WHAT TO DO: Please retype the records below exactly, from the first line down to and including the line with "(λ i p. ground".

DATA LISTING:
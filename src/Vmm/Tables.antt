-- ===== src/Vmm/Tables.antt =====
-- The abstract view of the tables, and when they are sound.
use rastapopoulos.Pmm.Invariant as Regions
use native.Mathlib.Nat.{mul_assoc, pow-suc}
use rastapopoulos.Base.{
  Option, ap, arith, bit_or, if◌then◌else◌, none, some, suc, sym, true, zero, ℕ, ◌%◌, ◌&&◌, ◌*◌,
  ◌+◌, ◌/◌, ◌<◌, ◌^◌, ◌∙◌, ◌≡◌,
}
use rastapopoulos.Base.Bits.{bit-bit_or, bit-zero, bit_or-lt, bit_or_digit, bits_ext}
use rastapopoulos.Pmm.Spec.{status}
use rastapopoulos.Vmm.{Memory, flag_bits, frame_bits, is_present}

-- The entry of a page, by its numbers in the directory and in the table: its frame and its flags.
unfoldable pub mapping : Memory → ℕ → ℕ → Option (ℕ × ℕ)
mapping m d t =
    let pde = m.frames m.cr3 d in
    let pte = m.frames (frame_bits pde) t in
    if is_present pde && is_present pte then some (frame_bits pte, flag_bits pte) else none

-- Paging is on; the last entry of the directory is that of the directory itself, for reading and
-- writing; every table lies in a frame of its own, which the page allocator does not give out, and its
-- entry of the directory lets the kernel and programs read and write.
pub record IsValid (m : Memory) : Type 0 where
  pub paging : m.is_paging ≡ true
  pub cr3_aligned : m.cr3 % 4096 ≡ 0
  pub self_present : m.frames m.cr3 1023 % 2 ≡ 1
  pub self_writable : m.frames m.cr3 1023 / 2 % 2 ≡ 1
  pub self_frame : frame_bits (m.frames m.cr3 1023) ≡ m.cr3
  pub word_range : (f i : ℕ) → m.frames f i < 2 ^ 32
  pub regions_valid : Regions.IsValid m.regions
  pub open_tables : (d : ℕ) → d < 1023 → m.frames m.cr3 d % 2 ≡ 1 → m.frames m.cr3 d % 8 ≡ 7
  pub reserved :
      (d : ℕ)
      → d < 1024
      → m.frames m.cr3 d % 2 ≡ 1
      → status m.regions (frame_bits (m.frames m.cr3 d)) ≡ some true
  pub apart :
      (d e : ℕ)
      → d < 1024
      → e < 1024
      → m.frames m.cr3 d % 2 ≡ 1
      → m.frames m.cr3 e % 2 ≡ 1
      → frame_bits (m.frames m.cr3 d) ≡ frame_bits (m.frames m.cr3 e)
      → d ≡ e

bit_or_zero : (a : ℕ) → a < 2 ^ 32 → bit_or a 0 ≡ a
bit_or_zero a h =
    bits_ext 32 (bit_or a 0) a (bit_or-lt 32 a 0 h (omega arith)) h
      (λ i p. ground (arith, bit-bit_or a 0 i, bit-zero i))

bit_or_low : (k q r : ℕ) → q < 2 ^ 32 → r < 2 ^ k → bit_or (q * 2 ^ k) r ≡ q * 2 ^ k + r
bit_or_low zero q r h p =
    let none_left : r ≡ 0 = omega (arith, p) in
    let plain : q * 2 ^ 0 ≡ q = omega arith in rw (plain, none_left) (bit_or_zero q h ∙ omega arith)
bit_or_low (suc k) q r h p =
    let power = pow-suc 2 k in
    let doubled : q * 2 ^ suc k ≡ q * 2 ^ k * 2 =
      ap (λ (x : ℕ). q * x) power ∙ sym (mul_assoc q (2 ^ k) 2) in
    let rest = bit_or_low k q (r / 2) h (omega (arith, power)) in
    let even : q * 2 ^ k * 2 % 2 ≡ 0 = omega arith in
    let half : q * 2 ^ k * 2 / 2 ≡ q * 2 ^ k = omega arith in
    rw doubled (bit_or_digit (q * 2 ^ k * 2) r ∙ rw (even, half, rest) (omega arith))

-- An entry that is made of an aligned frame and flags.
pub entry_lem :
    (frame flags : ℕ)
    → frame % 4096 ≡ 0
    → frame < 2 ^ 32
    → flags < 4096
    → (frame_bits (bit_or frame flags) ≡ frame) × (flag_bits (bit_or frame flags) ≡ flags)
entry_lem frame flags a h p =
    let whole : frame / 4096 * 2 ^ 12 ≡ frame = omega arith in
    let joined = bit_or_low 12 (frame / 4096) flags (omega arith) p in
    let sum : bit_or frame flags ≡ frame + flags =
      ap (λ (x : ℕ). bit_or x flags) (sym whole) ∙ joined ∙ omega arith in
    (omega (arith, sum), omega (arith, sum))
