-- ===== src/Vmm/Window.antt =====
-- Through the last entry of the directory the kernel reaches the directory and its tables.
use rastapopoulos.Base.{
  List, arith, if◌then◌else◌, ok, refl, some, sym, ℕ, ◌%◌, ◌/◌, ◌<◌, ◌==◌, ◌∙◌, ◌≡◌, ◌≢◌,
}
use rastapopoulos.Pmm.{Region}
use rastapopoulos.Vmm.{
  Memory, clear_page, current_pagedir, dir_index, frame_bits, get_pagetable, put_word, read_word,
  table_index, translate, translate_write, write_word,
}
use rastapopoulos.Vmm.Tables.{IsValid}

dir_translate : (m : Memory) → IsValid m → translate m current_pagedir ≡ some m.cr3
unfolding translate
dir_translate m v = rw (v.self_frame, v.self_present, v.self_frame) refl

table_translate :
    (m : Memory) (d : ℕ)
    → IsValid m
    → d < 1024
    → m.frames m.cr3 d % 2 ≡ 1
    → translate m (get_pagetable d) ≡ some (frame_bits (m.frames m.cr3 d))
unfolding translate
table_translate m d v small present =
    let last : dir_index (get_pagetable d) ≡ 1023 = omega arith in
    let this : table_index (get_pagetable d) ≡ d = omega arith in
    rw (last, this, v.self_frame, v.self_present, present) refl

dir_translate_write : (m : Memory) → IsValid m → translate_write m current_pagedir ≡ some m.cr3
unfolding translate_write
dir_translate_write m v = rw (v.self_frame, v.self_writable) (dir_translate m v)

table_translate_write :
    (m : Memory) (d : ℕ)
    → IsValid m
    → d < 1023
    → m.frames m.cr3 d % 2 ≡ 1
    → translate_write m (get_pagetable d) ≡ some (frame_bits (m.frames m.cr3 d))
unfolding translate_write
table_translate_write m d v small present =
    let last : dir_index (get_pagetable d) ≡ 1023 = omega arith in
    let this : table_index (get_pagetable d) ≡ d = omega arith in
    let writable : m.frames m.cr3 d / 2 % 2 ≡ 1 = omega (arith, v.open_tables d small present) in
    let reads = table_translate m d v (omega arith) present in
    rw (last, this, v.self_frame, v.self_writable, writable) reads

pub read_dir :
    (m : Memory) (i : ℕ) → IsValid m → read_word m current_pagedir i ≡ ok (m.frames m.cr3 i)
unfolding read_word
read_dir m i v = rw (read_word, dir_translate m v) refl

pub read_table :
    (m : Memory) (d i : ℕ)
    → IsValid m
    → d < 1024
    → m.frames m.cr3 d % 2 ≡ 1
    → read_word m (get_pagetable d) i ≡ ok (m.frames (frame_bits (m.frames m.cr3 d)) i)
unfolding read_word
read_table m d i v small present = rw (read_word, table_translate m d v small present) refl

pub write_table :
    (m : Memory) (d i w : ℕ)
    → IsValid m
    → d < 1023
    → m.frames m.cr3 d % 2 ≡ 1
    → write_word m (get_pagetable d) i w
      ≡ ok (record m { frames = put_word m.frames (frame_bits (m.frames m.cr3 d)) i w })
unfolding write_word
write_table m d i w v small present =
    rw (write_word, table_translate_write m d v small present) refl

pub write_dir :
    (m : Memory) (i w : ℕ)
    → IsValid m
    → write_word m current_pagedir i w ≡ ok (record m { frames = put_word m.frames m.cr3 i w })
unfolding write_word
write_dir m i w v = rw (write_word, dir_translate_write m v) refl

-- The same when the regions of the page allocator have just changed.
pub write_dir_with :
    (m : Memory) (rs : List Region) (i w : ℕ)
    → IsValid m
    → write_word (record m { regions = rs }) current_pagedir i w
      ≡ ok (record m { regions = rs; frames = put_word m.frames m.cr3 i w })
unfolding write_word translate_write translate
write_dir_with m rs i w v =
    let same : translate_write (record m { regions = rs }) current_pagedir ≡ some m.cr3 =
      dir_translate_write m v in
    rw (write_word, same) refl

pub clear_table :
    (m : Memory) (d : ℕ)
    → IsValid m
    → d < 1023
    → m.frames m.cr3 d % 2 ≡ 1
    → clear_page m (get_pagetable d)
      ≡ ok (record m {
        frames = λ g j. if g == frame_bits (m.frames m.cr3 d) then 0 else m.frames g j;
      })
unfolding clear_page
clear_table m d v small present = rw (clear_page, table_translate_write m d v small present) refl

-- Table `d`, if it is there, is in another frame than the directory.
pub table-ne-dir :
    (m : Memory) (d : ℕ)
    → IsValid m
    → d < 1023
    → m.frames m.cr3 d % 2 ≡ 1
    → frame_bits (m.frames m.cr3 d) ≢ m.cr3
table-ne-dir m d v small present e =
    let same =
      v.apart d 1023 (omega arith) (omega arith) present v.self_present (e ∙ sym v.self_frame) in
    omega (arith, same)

RESULT OF THIS EXERCISE:
filename src/Vmm/Tables.antt
-- ===== src/Vmm/Tables.antt =====
-- The abstract view of the tables, and when they are sound.
use rastapopoulos.Pmm.Invariant as Regions
use native.Mathlib.Nat.{mul_assoc, pow-suc}
use rastapopoulos.Base.{
  Option, ap, arith, bit_or, if◌then◌else◌, none, some, suc, sym, true, zero, ℕ, ◌%◌, ◌&&◌, ◌*◌,
  ◌+◌, ◌/◌, ◌<◌, ◌^◌, ◌∙◌, ◌≡◌,
}
use rastapopoulos.Base.Bits.{bit-bit_or, bit-zero, bit_or-lt, bit_or_digit, bits_ext}
use rastapopoulos.Pmm.Spec.{status}
use rastapopoulos.Vmm.{Memory, flag_bits, frame_bits, is_present}

-- The entry of a page, by its numbers in the directory and in the table: its frame and its flags.
unfoldable pub mapping : Memory → ℕ → ℕ → Option (ℕ × ℕ)
mapping m d t =
    let pde = m.frames m.cr3 d in
    let pte = m.frames (frame_bits pde) t in
    if is_present pde && is_present pte then some (frame_bits pte, flag_bits pte) else none

-- Paging is on; the last entry of the directory is that of the directory itself, for reading and
-- writing; every table lies in a frame of its own, which the page allocator does not give out, and its
-- entry of the directory lets the kernel and programs read and write.
pub record IsValid (m : Memory) : Type 0 where
  pub paging : m.is_paging ≡ true
  pub cr3_aligned : m.cr3 % 4096 ≡ 0
  pub self_present : m.frames m.cr3 1023 % 2 ≡ 1
  pub self_writable : m.frames m.cr3 1023 / 2 % 2 ≡ 1
  pub self_frame : frame_bits (m.frames m.cr3 1023) ≡ m.cr3
  pub word_range : (f i : ℕ) → m.frames f i < 2 ^ 32
  pub regions_valid : Regions.IsValid m.regions
  pub open_tables : (d : ℕ) → d < 1023 → m.frames m.cr3 d % 2 ≡ 1 → m.frames m.cr3 d % 8 ≡ 7
  pub reserved :
      (d : ℕ)
      → d < 1024
      → m.frames m.cr3 d % 2 ≡ 1
      → status m.regions (frame_bits (m.frames m.cr3 d)) ≡ some true
  pub apart :
      (d e : ℕ)
      → d < 1024
      → e < 1024
      → m.frames m.cr3 d % 2 ≡ 1
      → m.frames m.cr3 e % 2 ≡ 1
      → frame_bits (m.frames m.cr3 d) ≡ frame_bits (m.frames m.cr3 e)
      → d ≡ e

bit_or_zero : (a : ℕ) → a < 2 ^ 32 → bit_or a 0 ≡ a
bit_or_zero a h =
    bits_ext 32 (bit_or a 0) a (bit_or-lt 32 a 0 h (omega arith)) h
      (λ i p. ground (arith, bit-bit_or a 0 i, bit-zero i))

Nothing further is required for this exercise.